## Exercise material:
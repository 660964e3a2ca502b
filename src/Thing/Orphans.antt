-- ===== src/Thing/Orphans.antt =====
-- pkg/model/thing/manager.go: what `deleteThing` does to the children of the thing.
use mathlib.Core.List.{Memᴰ}
use mathlib.Core.List.Memᴰ
use mathlib.Core.Path.{subst}
use harns.Prelude.{
  ℕ, ◌≡◌, ◌≢◌, refl, sym, ap, ◌∙◌, ◌⊎◌, inl, inr, arith, true, false, none, some, none-ne-some,
  List, [], ◌∷◌, Bool-cases, Option-cases, some-inj,
}
use harns.Prelude.Bytes.{eq_bytes, eq_bytes_self}
use harns.Prelude.Dict.{Dict, load, store, load-store}
use harns.Thing.{Thing, done}
use harns.Thing.Types.{is_empty}
use harns.Thing.Filter.{get_things}
use harns.Thing.Stored.{load-Mem}
use harns.Thing.Things.{ThingEnv, delete_thing, children_of, orphan, orphan_all}
use harns.Thing.Children.{IsOwned, parent-IsChild}
use harns.Thing.Moves.{IsKeyed, IsSavingThing}
use harns.Thing.Acyclic.{IsWellFormed}
use harns.Thing.Runs.{delete_thing-deletes, delete-IsWellFormed}

stored-alone :
    (things : Dict Thing) (id : List ℕ) (alone : Thing) (k : List ℕ) (x : Thing)
    → alone.parent ≡ none
    → load (store things id alone) k ≡ some x
    → (x.parent ≡ none) ⊎ ((eq_bytes id k ≡ false) × (load things k ≡ some x))
stored-alone things id alone k x free h = elim (Bool-cases (eq_bytes id k)) [
  | inl q ↦
      let e : some alone ≡ some x = sym (load-store things id alone k ∙ rw q refl) ∙ h in
      inl (sym (ap (λ (t : Thing). t.parent) (some-inj e)) ∙ free)
  | inr q ↦ inr (q, sym (load-store things id alone k ∙ rw q refl) ∙ h)
]

orphan-load :
    (env : ThingEnv) (things : Dict Thing) (t : Thing) (k : List ℕ) (x : Thing)
    → IsSavingThing env
    → load (orphan env things t) k ≡ some x
    → (x.parent ≡ none) ⊎ ((eq_bytes t.meta.id k ≡ false) × (load things k ≡ some x))
unfolding IsSavingThing
orphan-load env things t k x saving h =
    elim (Option-cases (env.save (record t { parent = none }))) [
      | inl n ↦
          stored-alone things t.meta.id (record t { parent = none }) k x refl (rw (orphan, n) at h)
      | inr (saved, s) ↦
          let (p, i, n) = saving (record t { parent = none }) saved s in
          stored-alone things t.meta.id
            (record saved { meta = record saved.meta { mod_time = env.now } }) k x p
            (rw (orphan, s) at h)
    ]

orphan_all-parent :
    (env : ThingEnv) (id : List ℕ) (ts : List Thing) (things : Dict Thing) (k : List ℕ) (x : Thing)
    → IsSavingThing env
    → ((k : List ℕ) (x : Thing)
        → load things k ≡ some x
        → x.parent ≡ some id
        → Memᴰ x ts × (x.meta.id ≡ k))
    → load (orphan_all env things ts) k ≡ some x
    → x.parent ≢ some id
orphan_all-parent env id [] things k x saving left h = λ q. let (m, i) = left k x h q in elim m [ ]
orphan_all-parent env id (t ∷ ts) things k x saving left h =
    let left' : (k : List ℕ) (x : Thing)
        → load (orphan env things t) k ≡ some x
        → x.parent ≡ some id
        → Memᴰ x ts × (x.meta.id ≡ k) =
      λ k x l q. elim (orphan-load env things t k x saving l) [
        | inl free ↦ absurd (none-ne-some id (sym free ∙ q))
        | inr kept ↦
            let (apart, l') = kept in
            let (m, i) = left k x l' q in
            elim (Memᴰ.cases_cons m) [
              | inl e ↦
                  let same : eq_bytes t.meta.id k ≡ true =
                    ap (λ (y : Thing). eq_bytes y.meta.id k) (sym e)
                    ∙ ap (λ (y : List ℕ). eq_bytes y k) i
                    ∙ eq_bytes_self k in
                  absurd (ground arith)
              | inr m' ↦ (m', i)
            ]
      ] in
    orphan_all-parent env id ts (orphan env things t) k x saving left' h

-- After a thing is deleted, one round of the loops that the deletion starts, for each of its children,
-- is enough: no thing has the deleted one as its parent any more, whether the store takes the children
-- or not. A child that it takes it answers with the thing that it was given.
pub delete_thing-orphan_all :
    (env : ThingEnv) (things things' : Dict Thing) (id version : List ℕ) (gone : Thing) (k : List ℕ)
    (x : Thing)
    → IsSavingThing env
    → IsWellFormed env.tenant things
    → delete_thing env things id version ≡ done (things', gone)
    → load (orphan_all env things' (get_things env.tenant things' (children_of id))) k ≡ some x
    → x.parent ≢ some id
unfolding IsWellFormed IsOwned IsKeyed
delete_thing-orphan_all env things things' id version gone k x saving formed h l =
    let (e, found) = delete_thing-deletes env things things' id version gone h in
    let (owned, keyed, acyclic) = formed in
    let named : is_empty id ≡ false =
      ap is_empty (sym (keyed id gone found)) ∙ (owned gone (load-Mem things id gone found)).1 in
    let formed' : IsWellFormed env.tenant things' =
      subst (λ (d : Dict Thing). IsWellFormed env.tenant d) (sym e)
        (delete-IsWellFormed env.tenant things id formed) in
    let (owned', keyed', acyclic') = formed' in
    orphan_all-parent env id (get_things env.tenant things' (children_of id)) things' k x saving
      (λ k x l q.
        let m = load-Mem things' k x l in
        (parent-IsChild env.tenant things' id x named ((owned' x m).0) m q, keyed' k x l))
      l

## Task requirements:
Copy the lines above exactly, from the very first through the one containing "let e : some", and include no other line.

## Exercise solution:
repository 660964e3a2ca502b
filename src/Thing/Orphans.antt
-- ===== src/Thing/Orphans.antt =====
-- pkg/model/thing/manager.go: what `deleteThing` does to the children of the thing.
use mathlib.Core.List.{Memᴰ}
use mathlib.Core.List.Memᴰ
use mathlib.Core.Path.{subst}
use harns.Prelude.{
  ℕ, ◌≡◌, ◌≢◌, refl, sym, ap, ◌∙◌, ◌⊎◌, inl, inr, arith, true, false, none, some, none-ne-some,
  List, [], ◌∷◌, Bool-cases, Option-cases, some-inj,
}
use harns.Prelude.Bytes.{eq_bytes, eq_bytes_self}
use harns.Prelude.Dict.{Dict, load, store, load-store}
use harns.Thing.{Thing, done}
use harns.Thing.Types.{is_empty}
use harns.Thing.Filter.{get_things}
use harns.Thing.Stored.{load-Mem}
use harns.Thing.Things.{ThingEnv, delete_thing, children_of, orphan, orphan_all}
use harns.Thing.Children.{IsOwned, parent-IsChild}
use harns.Thing.Moves.{IsKeyed, IsSavingThing}
use harns.Thing.Acyclic.{IsWellFormed}
use harns.Thing.Runs.{delete_thing-deletes, delete-IsWellFormed}

stored-alone :
    (things : Dict Thing) (id : List ℕ) (alone : Thing) (k : List ℕ) (x : Thing)
    → alone.parent ≡ none
    → load (store things id alone) k ≡ some x
    → (x.parent ≡ none) ⊎ ((eq_bytes id k ≡ false) × (load things k ≡ some x))
stored-alone things id alone k x free h = elim (Bool-cases (eq_bytes id k)) [
  | inl q ↦
      let e : some alone ≡ some x = sym (load-store things id alone k ∙ rw q refl) ∙ h in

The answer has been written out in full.